More to come. Cheers.


----------



## Pule (May 18, 2004)

Beautiful, thanks for sharing.


----------



## christos-greece (Feb 19, 2008)

Very nice set of photos @Mahratta


----------



## Vincedem (Dec 5, 2007)

I used to study in this city for 3 years. The city is very lifely with a lot of young people, bars, festivals, concerts,...

This is a very beautiful and tolerant city. In my opinion it´s a nicer place than the highly appreciated Bruges.


----------



## EvanG (Aug 28, 2007)

Nice 



Vincedem said:


> This is a very beautiful and tolerant city. In my opinion it´s a nicer place than the highly appreciated Bruges.



You can expect a letter from Moenaert coming your way now.


----------



## alacanti (Jun 14, 2003)

Nice town!


----------



## Mahratta (Feb 18, 2007)

Thanks folks 



Vincedem said:


> I used to study in this city for 3 years. The city is very lifely with a lot of young people, bars, festivals, concerts,...
> 
> This is a very beautiful and tolerant city. In my opinion it´s a nicer place than the highly appreciated Bruges.


Ghent was a great city, in fact I preferred it to Bruges - it had a well-preserved historic centrum but did not have the tad of artificiality that I found in Bruges, or all the bloody tourists (I'm an anti-tourist type of tourist). Both were great, though 

more...


----------



## Vincedem (Dec 5, 2007)

Nice, feel free to post some more pictures.


----------



## christos-greece (Feb 19, 2008)

Yes, more photos its needed  please


----------



## X38 (Jan 23, 2008)

Very nice ! Please post them too on the Belgian Fotoforum !


----------



## pokistic (May 8, 2007)

The city looks so good!! :cheers:


----------



## Mahratta (Feb 18, 2007)

Just a couple today...more tomorrow

X38 - Thanks! I'll start a couple of threads in the Fotoforum


----------



## tonyssa (Aug 14, 2007)

Beautiful city!


----------



## Andre_idol (Aug 6, 2008)

That´s a wonderful city that deserve a second visit because on the first one i just stayed there for 1/2 hours but i loved the city...such as the other Belgium citys that i visited and i´m looking forward to watch your pics of them


----------



## Mahratta (Feb 18, 2007)

We climbed the Belfry and got a few shots of Gent from this breathtaking perspective...

































































:cheers:


----------



## nedolessej197 (Oct 24, 2006)

amazing. those are really beautiful shots.


----------



## Andre_idol (Aug 6, 2008)

Breathtaking indeed!


----------



## Vincedem (Dec 5, 2007)

Nice!
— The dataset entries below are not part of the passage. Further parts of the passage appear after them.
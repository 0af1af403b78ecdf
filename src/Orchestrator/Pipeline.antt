-- ===== src/Orchestrator/Pipeline.antt =====
-- `run_report_pipeline` of services/orchestrator.py: from a stored report to the review, one gate
-- after the other.
pub mod Endings
pub mod Outcomes
pub mod Handover
use aicti.Base.{
  ℕ, suc, String, ◌==◌, ◌=?◌, Bool, true, false, ◌&&◌, not, Option, none, some, List, [], ◌∷◌, ◌++◌,
  keep, first, elem, text_lt, Result, ok, err, if◌then◌else◌,
}
use aicti.Value.{Value, Items, nil, cons, Fields, end, field, get}
use aicti.Db.{
  Db, Report, EvidenceSpan, DetectionSpec, GeneratedRule, OutcomeRow, PipelineRunRecord,
  ProofObligationRecord,
}
use aicti.Db.Action.{Action, ◌>>=◌, ◌>>◌, pure, raise, gets, require}
use aicti.Graph.{upsert_node, add_edge}
use aicti.Validation.{
  ValidationError, SyntheticValidationResult, dynamic_passed, record_static_validation,
  record_dynamic_validation, record_regression, generate_proof_obligations_from_artifacts,
  verify_persisted_proofs_selectable,
}
use aicti.Export.{is_set}
use aicti.Orchestrator.{
  PipelineError, report_required, evidence_required, single_spec_required, spec_required,
  rule_required, static_gate_failed, dynamic_gate_failed, proof_gate_failed, lineage_required,
  graph_failed, raised, Services, order_by_id, attempt, detection_spec_evidence_ids,
  remember_pipeline_run,
}
use aicti.Orchestrator.Persistence.{persist_artifact_graph_path}

module _ (services : Services) (run_id report_id : String) where
  -- `self._remember_pipeline_run(status="failed", ...)` and the raise after it.
  unfoldable pub fail :
      String
      → Option String
      → Option String
      → PipelineError
      → Action PipelineError PipelineRunRecord
  fail stage spec_id rule_id error = do
    failed ← remember_pipeline_run services run_id report_id "failed" stage spec_id rule_id
    raise error

  -- The stages, the last one first.
  persist_stage :
      Report
      → List EvidenceSpan
      → DetectionSpec
      → GeneratedRule
      → Action PipelineError PipelineRunRecord
  unfolding fail
  persist_stage report evidence_rows spec rule =
      attempt (persist_artifact_graph_path services run_id report evidence_rows spec rule)
        (fail "graph_persistence_failed" (some spec.id) (some rule.id) graph_failed)
        (λ done.
          remember_pipeline_run services run_id report_id "ok" "awaiting_review" (some spec.id)
            (some rule.id))

  -- The body of the third `try`.
  unfoldable pub prove : GeneratedRule → Action ValidationError Bool
  prove rule = do
    regression ← record_regression services.uuid4 run_id rule.id true
    obligations ← generate_proof_obligations_from_artifacts services.uuid4 run_id rule.id
    verify_persisted_proofs_selectable run_id rule.id

  proof_stage :
      Report
      → List EvidenceSpan
      → DetectionSpec
      → GeneratedRule
      → Action PipelineError PipelineRunRecord
  unfolding persist_stage prove
  proof_stage report evidence_rows spec rule =
      attempt (prove rule)
        (fail "proof_validation_failed" (some spec.id) (some rule.id) proof_gate_failed)
        (λ selectable. persist_stage report evidence_rows spec rule)

  dynamic_stage :
      Report
      → List EvidenceSpan
      → DetectionSpec
      → GeneratedRule
      → Action PipelineError PipelineRunRecord
  unfolding proof_stage
  dynamic_stage report evidence_rows spec rule =
      let failed =
        fail "dynamic_validation_failed" (some spec.id) (some rule.id) dynamic_gate_failed in
      elim (services.run_synthetic_validation rule.rule_content) [
        | none ↦ failed
        | some result ↦
            attempt (record_dynamic_validation services.uuid4 run_id rule.id result) failed
              (λ recorded. elim (dynamic_passed result) [
                | true ↦ proof_stage report evidence_rows spec rule
                | false ↦ failed
              ])
      ]

  static_stage :
      Report
      → List EvidenceSpan
      → DetectionSpec
      → GeneratedRule
      → Option Bool
      → Action PipelineError PipelineRunRecord
  unfolding dynamic_stage
  static_stage report evidence_rows spec rule none =
      fail "static_validation_failed" (some spec.id) (some rule.id) static_gate_failed
  static_stage report evidence_rows spec rule (some is_valid) =
      attempt (record_static_validation services.uuid4 run_id rule.id is_valid)
        (fail "static_validation_failed" (some spec.id) (some rule.id) static_gate_failed)
        (λ recorded. elim is_valid [
          | true ↦ dynamic_stage report evidence_rows spec rule
          | false ↦ fail "static_validation_failed" (some spec.id) (some rule.id) static_gate_failed
        ])

  -- `if rule is None or not rule.rule_content`
  rule_stage :
      Report
      → List EvidenceSpan
      → DetectionSpec
      → Option GeneratedRule
      → Action PipelineError PipelineRunRecord
  unfolding static_stage
  rule_stage report evidence_rows spec none =
      fail "rule_generation_failed" (some spec.id) none rule_required
  rule_stage report evidence_rows spec (some rule) = elim (is_set rule.rule_content) [
    | false ↦ fail "rule_generation_failed" (some spec.id) none rule_required
    | true ↦ do
      running ←
          remember_pipeline_run services run_id report_id "running" "validation_in_progress"
            (some spec.id) (some rule.id)
      validation ← gets (services.validate_rule rule.id)
      static_stage report evidence_rows spec rule validation
  ]

  generate : Report → List EvidenceSpan → DetectionSpec → Action PipelineError PipelineRunRecord
  unfolding rule_stage
  generate report evidence_rows spec db =
      let (r, db') = services.generate_sigma_rule spec.id db in
      elim r [
        | err text ↦ (err (raised text), db')
        | ok rule_id ↦
            rule_stage report evidence_rows spec
              (first (λ (g : GeneratedRule). g.id == rule_id) db'.generated_rules) db'
      ]

  find_rule :
      Report
      → List EvidenceSpan
      → DetectionSpec
      → List GeneratedRule
      → Action PipelineError PipelineRunRecord
  unfolding generate
  find_rule report evidence_rows spec [] = generate report evidence_rows spec
  find_rule report evidence_rows spec (rule ∷ others) =
      rule_stage report evidence_rows spec (some rule)

  populated_rules : DetectionSpec → Db → List GeneratedRule
  populated_rules spec db =
      keep (λ (r : GeneratedRule). is_set r.rule_content)
        (order_by_id (λ (r : GeneratedRule). r.id)
          (keep (λ r. r.detection_spec_id == spec.id) db.generated_rules))

  single_spec_stage :
      Report → List EvidenceSpan → DetectionSpec → Action PipelineError PipelineRunRecord
  unfolding find_rule populated_rules
  single_spec_stage report evidence_rows spec = elim spec.abstain_code [
    | some code ↦
        remember_pipeline_run services run_id report_id "abstain" "detection_spec" (some spec.id)
          none
    | none ↦ elim (is_set spec.spec_payload) [
      | false ↦ fail "detection_spec_required" (some spec.id) none spec_required
      | true ↦ do rules ← gets (populated_rules spec); find_rule report evidence_rows spec rules
    ]
  ]

  spec_stage :
      Report → List EvidenceSpan → List DetectionSpec → Action PipelineError PipelineRunRecord
  unfolding single_spec_stage
  spec_stage report evidence_rows [] = fail "detection_spec_missing" none none spec_required
  spec_stage report evidence_rows (spec ∷ []) = single_spec_stage report evidence_rows spec
  spec_stage report evidence_rows (spec ∷ other ∷ others) =
      fail "detection_spec_ambiguous" (some spec.id) none single_spec_required

  specs_of : Db → List DetectionSpec
  specs_of db =
      order_by_id (λ (s : DetectionSpec). s.id)
        (keep (λ (s : DetectionSpec). s.report_id == report_id && s.is_validated)
          db.detection_specs)

  evidence_stage : Report → List EvidenceSpan → Action PipelineError PipelineRunRecord
  unfolding spec_stage specs_of
  evidence_stage report [] = fail "evidence_required" none none evidence_required
  evidence_stage report (evidence ∷ others) = do
    specs ← gets specs_of
    spec_stage report (evidence ∷ others) specs

  report_stage : Option Report → Action PipelineError PipelineRunRecord
  unfolding evidence_stage
  report_stage none = fail "report_not_found" none none report_required
  report_stage (some report) = do
    evidence_rows ←
        gets (λ db. keep (λ (e : EvidenceSpan). e.report_id == report_id) db.evidence_spans)
    evidence_stage report evidence_rows

  unfoldable pub run_report_pipeline : Action PipelineError PipelineRunRecord
  unfolding report_stage
  run_report_pipeline = do
    report ← gets (λ db. first (λ (r : Report). r.id == report_id) db.reports)
    report_stage report
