-- ===== src/Sanctions/Cache/Sharing.antt =====
-- The oracle's cache under any interleaving of concurrent calls: what it may answer, and its size.
use Prim.Native.Nat.{max}
use mathlib.Core.List.{Mem, mem-cons_self, mem-cons_of_mem}
use tx_firewall.Base.{
  ℕ, ◌+◌, ◌≤◌, ◌<◌, Bool, some, List, [], ◌∷◌, ◌≡◌, refl, ok, arith, length, leb, ◌==◌, ==_iff,
  keep, All, Bool-cases, Option-cases, Result-cases, inl, inr, ◌⊎◌,
}
use tx_firewall.Geth.{Address}
use tx_firewall.Sanctions.{Checker}
use tx_firewall.Sanctions.Cache.{
  CacheEntry, Entries, get_entry, put_entry, is_live, hit, evict, store, remember, cached_checker,
}

-- An answer of the slower checker to a call that read the clock at `time`.
pub record Answer : Type 0 where
  pub address : Address
  pub sanctioned : Bool
  pub time : ℕ

-- The cache beside all answers so far.
pub record Shared : Type 0 where
  pub entries : Entries
  pub answers : List Answer

abbrev pub nothing : Shared
nothing = record { entries = []; answers = [] }

some_inj : {d e : CacheEntry} → some d ≡ some e → d ≡ e
some_inj h = cc

pub hit-inv :
    (now : ℕ) (addr : Address) (b : Bool) (m : Entries)
    → hit now addr m ≡ some b
    → (e : CacheEntry) × (get_entry addr m ≡ some e) × (now < e.expires) × (e.sanctioned ≡ b)
unfolding hit
hit-inv now addr b m h = elim (Option-cases (get_entry addr m)) [
  | inl absent ↦ absurd (ground arith)
  | inr (e, found) ↦ (e, found, ground arith, ground arith)
]

module _ (ttl max_entries : ℕ) where
  -- A call stores the answer that it got. Other calls may have stored theirs since it read the
  -- cache and the clock, so the time is any.
  pub data Step : Shared → Shared → Type 0 where
    answered :
        (s : Shared) (a : Answer)
        → Step s (record {
          entries = store ttl max_entries a.time a.address a.sanctioned s.entries;
          answers = a ∷ s.answers;
        })

  pub data Reach : Shared → Type 0 where
    start : Reach nothing
    step : {s t : Shared} → Reach s → Step s t → Reach t

  -- The entry holds an answer and expires `ttl` after it.
  abbrev pub IsBacked : List Answer → Address × CacheEntry → Type 0
  IsBacked answers p =
      (t : ℕ) × Mem (record { address = p.0; sanctioned = p.1.sanctioned; time = t }) answers
      × (p.1.expires ≡ t + ttl)

  pub record IsSound (s : Shared) : Type 0 where
    pub backed : All (IsBacked s.answers) s.entries
    pub bounded : length s.entries ≤ max 1 max_entries

  IsBacked-cons :
      (a : Answer) (answers : List Answer) (m : Entries)
      → All (IsBacked answers) m
      → All (IsBacked (a ∷ answers)) m
  IsBacked-cons a answers [] h = tt
  IsBacked-cons a answers (p ∷ m) ((t, old, e), h) =
      ((t, mem-cons_of_mem a old, e), IsBacked-cons a answers m h)

  IsBacked-keep :
      (answers : List Answer) (test : Address × CacheEntry → Bool) (m : Entries)
      → All (IsBacked answers) m
      → All (IsBacked answers) (keep test m)
  IsBacked-keep answers test [] h = tt
  IsBacked-keep answers test (p ∷ m) (b, h) = elim (Bool-cases (test p)) [
    | inl in_ ↦ rw in_ (b, IsBacked-keep answers test m h)
    | inr out ↦ rw out (IsBacked-keep answers test m h)
  ]

  IsBacked-put :
      (answers : List Answer) (addr : Address) (e : CacheEntry) (m : Entries)
      → IsBacked answers (addr, e)
      → All (IsBacked answers) m
      → All (IsBacked answers) (put_entry addr e m)
  unfolding put_entry
  IsBacked-put answers addr e [] b h = (b, tt)
  IsBacked-put answers addr e ((a, d) ∷ m) b (c, h) = elim (Bool-cases (a == addr)) [
    | inl same ↦ rw same (b, h)
    | inr other ↦ rw other (c, IsBacked-put answers addr e m b h)
  ]

  IsBacked-evict :
      (answers : List Answer) (now : ℕ) (m : Entries)
      → All (IsBacked answers) m
      → All (IsBacked answers) (evict ttl max_entries now m)
  unfolding evict
  IsBacked-evict answers now m h = ground (arith, IsBacked-keep answers (λ p. is_live now p.1) m h)

  length-evict-lt :
      (now : ℕ) (m : Entries) → length (evict ttl max_entries now m) < max 1 max_entries
  unfolding evict
  length-evict-lt now m = ground arith

  pub length-put_entry-le :
      (addr : Address) (e : CacheEntry) (m : Entries) → length (put_entry addr e m) ≤ length m + 1
  unfolding put_entry
  length-put_entry-le addr e [] = omega arith
  length-put_entry-le addr e ((a, d) ∷ m) = ground (arith, length-put_entry-le addr e m)

  -- However full the cache was, behind a store it holds at most `max_entries`, or one if that is 0.
  length-store-le :
      (now : ℕ) (addr : Address) (b : Bool) (m : Entries)
      → length (store ttl max_entries now addr b m) ≤ max 1 max_entries
  unfolding store
  length-store-le now addr b m =
      let entry : CacheEntry = record { sanctioned = b; expires = now + ttl } in
      ground (
        arith,
        length-put_entry-le addr entry (evict ttl max_entries now m),
        length-put_entry-le addr entry m,
        length-evict-lt now m,
      )

  IsBacked-store :
      (a : Answer) (answers : List Answer) (m : Entries)
      → All (IsBacked answers) m
      → All (IsBacked (a ∷ answers)) (store ttl max_entries a.time a.address a.sanctioned m)
  unfolding store
  IsBacked-store a answers m h =
      let h' = IsBacked-cons a answers m h in
      IsBacked-put (a ∷ answers) a.address _ _ (a.time, mem-cons_self, refl)
        (elim (Bool-cases (leb max_entries (length m))) [
          | inl full ↦ rw full (IsBacked-evict (a ∷ answers) a.time m h')
          | inr room ↦ rw room h'
        ])

  Step-IsSound : {s t : Shared} → Step s t → IsSound s → IsSound t
  Step-IsSound (answered s a) h = record {
    backed = IsBacked-store a s.answers s.entries h.backed;
    bounded = length-store-le a.time a.address a.sanctioned s.entries;
  }

  -- However concurrent calls interleave, every entry holds an answer of the slower checker and
  -- expires the time to live after it, and there are at most `max_entries` entries (or one).
  pub Reach-IsSound : {s : Shared} → Reach s → IsSound s
  Reach-IsSound start = record { backed = tt; bounded = omega arith }
  Reach-IsSound (step r st) = Step-IsSound st (Reach-IsSound r)

  get_entry-IsBacked :
      (answers : List Answer) (addr : Address) (m : Entries) {e : CacheEntry}
      → All (IsBacked answers) m
      → get_entry addr m ≡ some e
      → IsBacked answers (addr, e)
  unfolding get_entry
  get_entry-IsBacked answers addr [] h p = cc
  get_entry-IsBacked answers addr ((a, d) ∷ m) {e} (b, h) p = elim (Bool-cases (a == addr)) [
    | inl same ↦
        let here : d ≡ e = some_inj (rw same at p) in
        let there : a ≡ addr = (==_iff a addr).0 same in rw (← here, ← there) b
    | inr other ↦ get_entry-IsBacked answers addr m {e = e} h (rw other at p)
  ]

  -- However concurrent calls interleave: what the cache says of an address without asking is an
  -- answer of the slower checker for that address, less than the time to live ago.
  pub hit-answered :
      {s : Shared} (now : ℕ) (addr : Address) (b : Bool)
      → Reach s
      → hit now addr s.entries ≡ some b
      → (t : ℕ) × Mem (record { address = addr; sanctioned = b; time = t }) s.answers
        × (now < t + ttl)
  hit-answered {s} now addr b r h =
      let (e, found, live, same) = hit-inv now addr b s.entries h in
      let (t, old, expires) =
        get_entry-IsBacked s.answers addr s.entries (Reach-IsSound r).backed found in
      (t, rw (← same) old, omega (arith, expires))

  -- A call either leaves the entries as they are, or makes a step with the answer that it gives.
  pub cached_checker-Step :
      {W : Type 0} (clock : W → ℕ) (next : Checker W) (addr : Address) (s : Shared) (w : W)
      → ((cached_checker ttl max_entries clock next addr (s.entries, w)).1.0 ≡ s.entries)
        ⊎ ((b : Bool) × ((cached_checker ttl max_entries clock next addr (s.entries, w)).0 ≡ ok b)
            × ((next addr w).0 ≡ ok b)
            × Step s (record {
              entries = (cached_checker ttl max_entries clock next addr (s.entries, w)).1.0;
              answers = record { address = addr; sanctioned = b; time = clock w } ∷ s.answers;
            }))
  unfolding cached_checker remember
  cached_checker-Step clock next addr s w = elim (Option-cases (hit (clock w) addr s.entries)) [
    | inr (b, found) ↦ inl (rw (cached_checker, found))
    | inl absent ↦ elim (Result-cases (next addr w).0) [
      | inr (e, p) ↦ inl (rw (cached_checker, absent, p, remember))
      | inl (b, p) ↦ inr (
        b,
        rw (cached_checker, absent, p, remember),
        p,
        rw (cached_checker, absent, p, remember)
            (answered s (record { address = addr; sanctioned = b; time = clock w })),
      )
    ]
  ]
Now I really miss this city.


----------



## Thermo (Oct 25, 2005)

Still waiting for the Antwerp pics.....!


----------



## Puinkabouter (Jan 8, 2007)

^^ Apparently through time it has become completely impossible for you to take interest in any other Belgian city or town other than the one you live in :nuts: Just give the guy some time!

Mahratta, did you find the places & the snacks the people on the Belgian forum suggested to you? I hope you didn't find too many closed doors in Ghent: early august is when all the locals go on holidays and many bars and shops close for a week or two - because it's right after the july festival... I always find it a bit scary when I get home from vacation...

There are some really good pictures in this thread - and in the one you posted on Brussels too. Do you use an SLR, and if so: what type and what lens do you use?


----------